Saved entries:

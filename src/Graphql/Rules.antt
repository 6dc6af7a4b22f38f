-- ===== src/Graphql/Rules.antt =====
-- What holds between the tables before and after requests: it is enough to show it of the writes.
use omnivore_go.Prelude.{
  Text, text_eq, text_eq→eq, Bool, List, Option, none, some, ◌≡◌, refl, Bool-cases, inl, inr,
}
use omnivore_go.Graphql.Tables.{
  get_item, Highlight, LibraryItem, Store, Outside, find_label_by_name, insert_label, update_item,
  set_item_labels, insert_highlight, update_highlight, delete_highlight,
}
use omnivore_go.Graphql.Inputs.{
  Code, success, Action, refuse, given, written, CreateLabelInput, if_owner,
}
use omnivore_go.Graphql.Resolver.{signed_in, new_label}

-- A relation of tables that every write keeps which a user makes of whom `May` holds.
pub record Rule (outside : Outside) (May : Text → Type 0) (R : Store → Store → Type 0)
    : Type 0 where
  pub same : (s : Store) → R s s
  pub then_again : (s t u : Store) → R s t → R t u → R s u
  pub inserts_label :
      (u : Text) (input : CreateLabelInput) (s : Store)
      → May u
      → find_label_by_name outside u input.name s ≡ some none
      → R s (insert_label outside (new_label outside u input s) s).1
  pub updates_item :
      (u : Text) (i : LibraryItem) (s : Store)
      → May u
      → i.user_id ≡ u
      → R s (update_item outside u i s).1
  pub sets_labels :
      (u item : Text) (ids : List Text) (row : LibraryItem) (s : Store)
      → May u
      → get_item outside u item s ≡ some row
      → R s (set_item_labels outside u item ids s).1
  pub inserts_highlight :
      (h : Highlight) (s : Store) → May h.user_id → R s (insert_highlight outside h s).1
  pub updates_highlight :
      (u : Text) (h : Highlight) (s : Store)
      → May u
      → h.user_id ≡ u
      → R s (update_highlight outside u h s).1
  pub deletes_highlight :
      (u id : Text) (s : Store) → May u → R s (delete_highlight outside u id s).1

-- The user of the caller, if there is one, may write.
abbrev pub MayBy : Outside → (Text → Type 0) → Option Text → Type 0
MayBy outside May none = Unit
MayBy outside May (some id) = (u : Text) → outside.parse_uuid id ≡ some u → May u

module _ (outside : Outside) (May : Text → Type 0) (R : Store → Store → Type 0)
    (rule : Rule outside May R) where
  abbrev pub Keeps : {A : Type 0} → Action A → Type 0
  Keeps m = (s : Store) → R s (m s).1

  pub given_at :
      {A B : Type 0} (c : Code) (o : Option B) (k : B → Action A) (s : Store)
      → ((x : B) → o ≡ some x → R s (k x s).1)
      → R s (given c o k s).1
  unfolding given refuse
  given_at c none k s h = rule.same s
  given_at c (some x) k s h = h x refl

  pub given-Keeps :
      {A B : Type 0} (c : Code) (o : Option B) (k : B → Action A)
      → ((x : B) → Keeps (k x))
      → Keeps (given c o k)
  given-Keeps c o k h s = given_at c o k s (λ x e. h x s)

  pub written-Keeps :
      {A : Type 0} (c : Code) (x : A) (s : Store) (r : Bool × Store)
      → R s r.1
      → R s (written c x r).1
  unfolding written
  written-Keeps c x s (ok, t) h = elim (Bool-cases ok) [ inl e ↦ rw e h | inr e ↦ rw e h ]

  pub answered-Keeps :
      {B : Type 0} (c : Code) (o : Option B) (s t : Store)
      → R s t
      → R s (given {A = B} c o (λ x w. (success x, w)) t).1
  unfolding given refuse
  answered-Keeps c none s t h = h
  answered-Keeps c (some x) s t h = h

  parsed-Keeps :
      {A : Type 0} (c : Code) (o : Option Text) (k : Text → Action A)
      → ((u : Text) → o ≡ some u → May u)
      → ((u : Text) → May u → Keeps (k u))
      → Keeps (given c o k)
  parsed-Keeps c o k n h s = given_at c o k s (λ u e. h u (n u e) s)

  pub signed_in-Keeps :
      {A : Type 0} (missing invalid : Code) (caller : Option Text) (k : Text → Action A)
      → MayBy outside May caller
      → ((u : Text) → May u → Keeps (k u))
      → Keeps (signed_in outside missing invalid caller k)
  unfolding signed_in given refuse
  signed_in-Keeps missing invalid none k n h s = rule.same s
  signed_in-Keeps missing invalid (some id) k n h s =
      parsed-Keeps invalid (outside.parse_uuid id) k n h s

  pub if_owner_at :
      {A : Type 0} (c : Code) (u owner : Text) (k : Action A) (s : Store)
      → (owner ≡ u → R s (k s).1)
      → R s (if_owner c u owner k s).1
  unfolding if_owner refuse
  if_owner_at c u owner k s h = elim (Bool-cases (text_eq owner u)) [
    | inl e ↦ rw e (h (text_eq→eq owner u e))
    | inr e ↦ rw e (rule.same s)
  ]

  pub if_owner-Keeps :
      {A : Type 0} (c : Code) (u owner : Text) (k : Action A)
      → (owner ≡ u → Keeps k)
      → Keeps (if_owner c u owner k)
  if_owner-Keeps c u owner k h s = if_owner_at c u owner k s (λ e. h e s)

◆ Exercise brief
Copy each line of the data that contains the word "Action".

◆ Answer
  Code, success, Action, refuse, given, written, CreateLabelInput, if_owner,
  abbrev pub Keeps : {A : Type 0} → Action A → Type 0
      {A B : Type 0} (c : Code) (o : Option B) (k : B → Action A) (s : Store)
      {A B : Type 0} (c : Code) (o : Option B) (k : B → Action A)
      {A : Type 0} (c : Code) (o : Option Text) (k : Text → Action A)
      {A : Type 0} (missing invalid : Code) (caller : Option Text) (k : Text → Action A)
      {A : Type 0} (c : Code) (u owner : Text) (k : Action A) (s : Store)
      {A : Type 0} (c : Code) (u owner : Text) (k : Action A)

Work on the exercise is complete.